Unleash the many benefits of the book study

Continuous improvement calls for continual learning. But in a world of finite resources, you need to make the most out of what you have. How do you get people in your organization on the same page? How do you know how much people really know about the philosophies and methods behind lean manufacturing and other improvement initiatives? How do you do all of this while you still keep the business going?

One way doesn’t involve fancy software or machinery, just access to a bookseller and time to read and discuss. It’s the book study. This isn’t a casual book club, though. For a book study to be effective and meaningful, it needs purpose and structure.

Business Case for the Book Study

As with any other business decision, you need a reason for and benefit from the investment of time and resources a book study requires. If you approach the book study objectively, you’ll find its business case to be quite compelling.

First, it’s cost-effective. Instead of sending a team outside to training and incur the cost of travel, lodging, and time spent away from the operation, you can do it in-house. You just need a few copies of the targeted book, the participants’ time in the book study meetings, and someone to facilitate and coordinate. A book study has minimal out-of-pocket costs.

The topics can be as wide or as narrow as you want. You determine the topic and identify the book to support the study, depending on the audience and the business issue, be it broad and general or deep and specific. A seasoned facilitator will help the study group find the appropriate balance.

Be sure to match the book with the right audience. A book study group could include front-line employees, supervisors, middle managers, senior management, or a mix of all four.

For instance, Lean Thinking by Jim Womack and Dan Jones focuses on a general understanding of five principles: value, value stream, flow, pull, and perfection; it targets senior and middle management. Faster Cheaper Better by Michael Hammer and Lisa Hershman also targets senior and middle management and focuses on developing and executing business processes. Turn the Ship Around! by L. David Marquet has a similar target audience and focuses on developing accountability and ownership.

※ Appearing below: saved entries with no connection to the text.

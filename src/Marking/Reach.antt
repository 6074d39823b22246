-- ===== src/Marking/Reach.antt =====
-- The loop of `mark_from` ends, and marks exactly what references lead to from the roots.
use gc_united.Base.{
  ℕ, zero, suc, ◌+◌, ◌*◌, ◌≤◌, ◌<◌, ◌≡◌, refl, sym, ◌∙◌, ap, ◌↔◌, inl, inr, arith, true, false, not,
  ◌||◌, ◌&&◌, if◌then◌else◌, Bool-cases, ℕ_discrete, List, [], ◌∷◌, ◌++◌, length, length-append,
  has, has-append, count, has_of_count-pos, subst, unsnoc, unsnoc-append, some, ok, u64_values,
  add64, add64-ok,
}
use gc_united.Heap
use gc_united.Heap.{Memory, Heap, Handle, header_size, write, flag_mark, off_flags}
use gc_united.Heap.Views.{size_at, nrefs_at, flag-ok, set_flag-ok}
use gc_united.Heap.Chain.{Chain}
use gc_united.Marking.{unmarked, mark_loop, mark_from}
use gc_united.Marking.Graph.{
  IsGraph, refs_at, mark_all, marked_at, marked_at-mark_all, children-refs_at, inside_graph,
  nrefs-mark_all, refs-mark_all, length-refs_from,
}

-- A root, or what a reference of something reachable names.
pub data Reach (m : Memory) (roots : List Handle) : Handle → Type 0 where
  root : {a : Handle} → has a roots ≡ true → Reach m roots a
  edge : {a b : Handle} → Reach m roots a → has b (refs_at m a) ≡ true → Reach m roots b

-- What the objects that are not yet seen weigh.
abbrev unseen : (Handle → ℕ) → List Handle → List Handle → ℕ
unseen w [] seen = 0
unseen w (b ∷ bs) seen = (if has b seen then 0 else w b) + unseen w bs seen

unseen-le :
    (w : Handle → ℕ) (bs : List Handle) (h : Handle) (seen : List Handle)
    → unseen w bs (h ∷ seen) ≤ unseen w bs seen
unseen-le w [] h seen = omega arith
unseen-le w (b ∷ bs) h seen = ground (arith, unseen-le w bs h seen)

unseen-visit :
    (w : Handle → ℕ) (bs : List Handle) (h : Handle) (seen : List Handle)
    → has h bs ≡ true
    → has h seen ≡ false
    → w h + unseen w bs (h ∷ seen) ≤ unseen w bs seen
unseen-visit w [] h seen member new = cc
unseen-visit w (b ∷ bs) h seen member new = elim (ℕ_discrete h b) [
  | yes e ↦ rw (sym e) (ground (arith, unseen-le w bs h seen))
  | no ne ↦ ground (arith, unseen-visit w bs h seen (ground arith) new)
]

unseen-length : (bs : List Handle) → unseen (λ _. 1) bs [] ≡ length bs
unseen-length [] = refl
unseen-length (b ∷ bs) = omega (arith, unseen-length bs)

-- The slots of all objects are fewer than the bytes.
unseen-slots :
    (m : Memory) (bs : List Handle) (lo hi : ℕ)
    → Chain m lo bs hi
    → ((h : Handle) → has h bs ≡ true → header_size + 4 * nrefs_at m h ≤ size_at m h)
    → lo + unseen (nrefs_at m) bs [] ≤ hi
unseen-slots m [] lo hi c room = omega arith
unseen-slots m (b ∷ bs) lo hi (e, is, c) room =
    let own = room b (ground arith) in
    omega (arith, unseen-slots m bs _ hi c (λ h p. room h (ground arith)))

-- Those that are not yet marked.
abbrev fresh : List Handle → List Handle → List Handle
fresh seen [] = []
fresh seen (c ∷ cs) = if has c seen then fresh seen cs else c ∷ fresh seen cs

length-fresh : (seen cs : List Handle) → length (fresh seen cs) ≤ length cs
length-fresh seen [] = omega arith
length-fresh seen (c ∷ cs) = ground (arith, length-fresh seen cs)

has-fresh :
    (a : Handle) (seen cs : List Handle) → has a (fresh seen cs) ≡ (has a cs && not (has a seen))
has-fresh a seen [] = refl
has-fresh a seen (c ∷ cs) = elim (ℕ_discrete a c) [
  | yes e ↦ rw e (ground (arith, has-fresh c seen cs))
  | no ne ↦ ground (arith, has-fresh a seen cs)
]

module _ {hp : Heap} {bs : List Handle} {top : ℕ} (g : IsGraph hp bs top)
    (clear : (h : Handle) → has h bs ≡ true → marked_at hp.bytes h ≡ false) (roots : List Handle)
    (rooted : (h : Handle) → has h roots ≡ true → has h bs ≡ true) where
  Reach-member : {a : Handle} → Reach hp.bytes roots a → has a bs ≡ true
  Reach-member (root {a} h) = rooted a h
  Reach-member (edge {a} {b} r h) = g.closed a b (Reach-member r) h

  -- Between two rounds, when `seen` is marked.
  record Inv (seen work : List Handle) : Type 0 where
    sound : (a : Handle) → has a seen ≡ true → Reach hp.bytes roots a
    pending : (a : Handle) → has a work ≡ true → Reach hp.bytes roots a
    start : (a : Handle) → has a roots ≡ true → (has a seen || has a work) ≡ true
    followed :
        (a b : Handle)
        → has a seen ≡ true
        → has b (refs_at hp.bytes a) ≡ true
        → (has b seen || has b work) ≡ true
    once : (a : Handle) → count a seen ≤ 1
    few : length seen + unseen (λ _. 1) bs seen ≤ length bs

  Inv-start : Inv [] roots
  Inv-start = record {
    sound = λ a h. cc;
    pending = λ a h. root h;
    start = λ a h. h;
    followed = λ a b h k. cc;
    once = λ a. omega arith;
    few = omega (arith, unseen-length bs);
  }

  module _ (seen rest : List Handle) (h : Handle) (i : Inv seen (rest ++ h ∷ [])) where
    snoc : (a : Handle) → has a (rest ++ h ∷ []) ≡ (has a rest || has a (h ∷ []))
    snoc a = has-append a rest (h ∷ [])

    here : Reach hp.bytes roots h
    here = i.pending h (ground (arith, snoc h))

    Inv-skip : has h seen ≡ true → Inv seen rest
    Inv-skip old = record {
      sound = i.sound;
      pending = λ a p. i.pending a (ground (arith, snoc a));
      start = λ a p. ground (arith, i.start a p, snoc a);
      followed = λ a b p q. ground (arith, i.followed a b p q, snoc b);
      once = i.once;
      few = i.few;
    }

    Inv-visit : has h seen ≡ false → Inv (h ∷ seen) (rest ++ fresh (h ∷ seen) (refs_at hp.bytes h))
    Inv-visit new =
        let cs = refs_at hp.bytes h in
        let more = fresh (h ∷ seen) cs in
        let joined : (a : Handle)
            → has a (rest ++ more) ≡ (has a rest || (has a cs && not (has a (h ∷ seen)))) =
          λ a. has-append a rest more ∙ ap (λ b. has a rest || b) (has-fresh a (h ∷ seen) cs) in
        record {
          sound =
              λ a p. elim (ℕ_discrete a h) [ yes e ↦ rw e here | no ne ↦ i.sound a (ground arith) ];
          pending = λ a p. elim (Bool-cases (has a cs)) [
            | inl child ↦ edge here child
            | inr other ↦ i.pending a (ground (arith, joined a, snoc a))
          ];
          start = λ a p. ground (arith, i.start a p, joined a, snoc a);
          followed = λ a b p q. elim (ℕ_discrete a h) [
            | yes e ↦ let child : has b cs ≡ true = rw e at q in ground (arith, joined b)
            | no ne ↦ ground (arith, i.followed a b, joined b, snoc b)
          ];
          once = λ a. ground (arith, i.once a, has_of_count-pos a seen);
          few = omega (arith, i.few, unseen-visit (λ _. 1) bs h seen (Reach-member here) new);
        }

  part :
      (seen work : List Handle) → Inv seen work → (c : Handle) → has c seen ≡ true → has c bs ≡ true
  part seen work i c p = Reach-member (i.sound c p)

  marked_heap : List Handle → Heap
  marked_heap seen = write hp (mark_all hp.bytes seen)

  is_marked-ok :
      (seen : List Handle) (h : Handle)
      → has h bs ≡ true
      → Heap.is_marked (marked_heap seen) h ≡ ok (has h seen)
  unfolding Heap.is_marked marked_heap
  is_marked-ok seen h member =
      flag-ok (marked_heap seen) h (omega (arith, inside_graph g h member)) flag_mark
      ∙ ap ok (marked_at-mark_all hp.bytes seen h g.bytes (clear h member))

  unmarked-fresh :
      (seen cs : List Handle)
      → ((c : Handle) → has c cs ≡ true → has c bs ≡ true)
      → unmarked (marked_heap seen) cs ≡ ok (fresh seen cs)
  unfolding unmarked
  unmarked-fresh seen [] all = refl
  unmarked-fresh seen (c ∷ cs) all =
      rw
        (
          is_marked-ok seen c (all c (ground arith)),
          unmarked-fresh seen cs (λ a p. all a (ground arith)),
        )
        refl

  children-ok :
      (seen : List Handle)
      → ((c : Handle) → has c seen ≡ true → has c bs ≡ true)
      → (h : Handle) → has h bs ≡ true
      → Heap.children (marked_heap seen) h ≡ ok (refs_at hp.bytes h)
  unfolding marked_heap
  children-ok seen inside h member =
      children-refs_at (marked_heap seen) h
        (omega (arith, inside_graph g h member, nrefs-mark_all g seen inside h member))
      ∙ ap ok (refs-mark_all g seen inside h member)

  -- A round that meets an object again.
  mark_skip :
      (fuel k : ℕ) (seen rest : List Handle) (h : Handle)
      → Inv seen (rest ++ h ∷ [])
      → has h seen ≡ true
      → (work : List Handle) → unsnoc work ≡ some (rest, h)
      → mark_loop (suc fuel) (marked_heap seen) k work ≡ mark_loop fuel (marked_heap seen) k rest
  unfolding mark_loop
  mark_skip fuel k seen rest h i old work last =
      let member = Reach-member (here seen rest h i) in
      rw (mark_loop, last, is_marked-ok seen h member, old) refl

  -- A round that meets an object for the first time.
  mark_round :
      (fuel k : ℕ) (seen rest : List Handle) (h : Handle)
      → Inv seen (rest ++ h ∷ [])
      → has h seen ≡ false
      → k + length bs < u64_values
      → (work : List Handle) → unsnoc work ≡ some (rest, h)
      → mark_loop (suc fuel) (marked_heap seen) (k + length seen) work
        ≡ mark_loop fuel
            (marked_heap (h ∷ seen))
            (k + length (h ∷ seen))
            (rest ++ fresh (h ∷ seen) (refs_at hp.bytes h))
  unfolding mark_loop marked_heap
  mark_round fuel k seen rest h i new counted work last =
      let member = Reach-member (here seen rest h i) in
      let i' = Inv-visit seen rest h i new in
      let inside = part (h ∷ seen) _ i' in
      let sets : Heap.set_marked (marked_heap seen) h true ≡ ok (marked_heap (h ∷ seen)) =
        unfold Heap.set_marked in
        set_flag-ok (marked_heap seen) h (omega (arith, inside_graph g h member)) flag_mark true in
      let adds : add64 (k + length seen) 1 ≡ ok (k + length seen + 1) =
        add64-ok (k + length seen) 1 (omega (arith, i'.few)) in
      let total : k + length seen + 1 ≡ k + length (h ∷ seen) = omega arith in
      rw
        (
          mark_loop,
          last,
          is_marked-ok seen h member,
          new,
          sets,
          adds,
          children-ok (h ∷ seen) inside h member,
          unmarked-fresh (h ∷ seen) (refs_at hp.bytes h) (λ c p. g.closed h c member p),
          total,
        )
        refl

  -- With fuel for the pending items and the slots not yet seen, the loop ends.
  mark_ends :
      (fuel k : ℕ) (seen work : List Handle)
      → Inv seen work
      → k + length bs < u64_values
      → length work + unseen (nrefs_at hp.bytes) bs seen ≤ fuel
      → (hs : List Handle) × (mark_loop fuel (marked_heap seen) (k + length seen) work
          ≡ ok (marked_heap hs, k + length hs))
        × Inv hs []
  unfolding mark_loop
  mark_ends zero k seen [] i counted enough = (seen, refl, i)
  mark_ends (suc fuel) k seen [] i counted enough = (seen, unfold unsnoc in refl, i)
  mark_ends zero k seen (x ∷ xs) i counted enough = absurd (omega arith)
  mark_ends (suc fuel) k seen (x ∷ xs) i counted enough =
      let (rest, h, last, whole) = unsnoc-append x xs in
      let i' : Inv seen (rest ++ h ∷ []) = subst (Inv seen) whole i in
      let shorter : length (x ∷ xs) ≡ length rest + 1 =
        ap length whole ∙ length-append rest (h ∷ []) in
      elim (Bool-cases (has h seen)) [
        | inl old ↦
            let (hs, e, done) =
              mark_ends fuel k seen rest (Inv-skip seen rest h i' old) counted (omega arith) in
            (hs, mark_skip fuel (k + length seen) seen rest h i' old (x ∷ xs) last ∙ e, done)
        | inr new ↦
            let member = Reach-member (here seen rest h i') in
            let cs = refs_at hp.bytes h in
            let more = rest ++ fresh (h ∷ seen) cs in
            let (hs, e, done) =
              mark_ends fuel k (h ∷ seen) more (Inv-visit seen rest h i' new) counted (
                omega (
                  arith,
                  length-append rest (fresh (h ∷ seen) cs),
                  length-fresh (h ∷ seen) cs,
                  length-refs_from hp.bytes h 0 (nrefs_at hp.bytes h),
                  unseen-visit (nrefs_at hp.bytes) bs h seen member new,
                )) in
            (hs, mark_round fuel k seen rest h i' new counted (x ∷ xs) last ∙ e, done)
      ]

  Inv-complete :
      (hs : List Handle) → Inv hs [] → {a : Handle} → Reach hp.bytes roots a → has a hs ≡ true
  Inv-complete hs i (root {a} h) = ground (arith, i.start a h)
  Inv-complete hs i (edge {a} {b} r h) = ground (arith, i.followed a b (Inv-complete hs i r) h)

  -- Over a well-formed heap in which nothing is marked, from roots that are blocks, with room in the
  -- counter: the loop ends, counts the objects it marks, each once, and changes nothing but their mark bits. An
  -- object is marked exactly when references lead to it from the roots.
  pub mark_from-Reach :
      (marks : ℕ)
      → marks + length bs < u64_values
      → (hs : List Handle) × (mark_from hp marks roots
          ≡ ok (write hp (mark_all hp.bytes hs), marks + length hs))
        × ((a : Handle) → (has a hs ≡ true) ↔ Reach hp.bytes roots a)
        × ((a : Handle) → count a hs ≤ 1)
        × ((a : Handle) → has a bs ≡ true → marked_at (mark_all hp.bytes hs) a ≡ has a hs)
  unfolding mark_from marked_heap
  mark_from-Reach marks counted =
      let (hs, e, i) =
        mark_ends (length roots + hp.len) marks [] roots Inv-start counted
          (omega (arith, unseen-slots hp.bytes bs 0 top g.chain g.room, g.within)) in
      let none_yet : marks + length {A = Handle} [] ≡ marks = omega arith in
      (
        hs,
        ap (λ n. mark_loop (length roots + hp.len) hp n roots) (sym none_yet) ∙ e,
        λ a. (i.sound a, λ r. Inv-complete hs i r),
        i.once,
        λ a member. marked_at-mark_all hp.bytes hs a g.bytes (clear a member),
      )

In their book The Gold Mine, authors Freddy Balle and Michael Balle use a hypothetical case study to illustrate how a plant can operationally transform itself. The authors target middle management, front-line management, and front-line employees.

Know that just because a book targets a certain audience doesn’t mean others get nothing out of it. And the targeted audience is just a generalization. Which books you choose depends on your company’s structure, culture, and goals.

The book study provides a venue to see how the team works together, identifies similarities and differences among people, and allows team members to better understand each other. You should expect the team to be more cohesive, to be better at leveraging each other’s strengths, and to become more effective problem-solvers.

Book study groups should have between five and 12 participants. A group too small might have limited discussions, while a group that’s too large can lead to an unwieldy session where people can hide in the crowd.

You control the pace. You can divide the study into sections and write targeted questions for each. And because you are expecting everyone to discuss those targeted questions, they will need time between book study sessions to read the book. Perhaps space the sessions out a week or two apart, but do not let the book study drag on. The entire study of a particular book should take no longer than two months.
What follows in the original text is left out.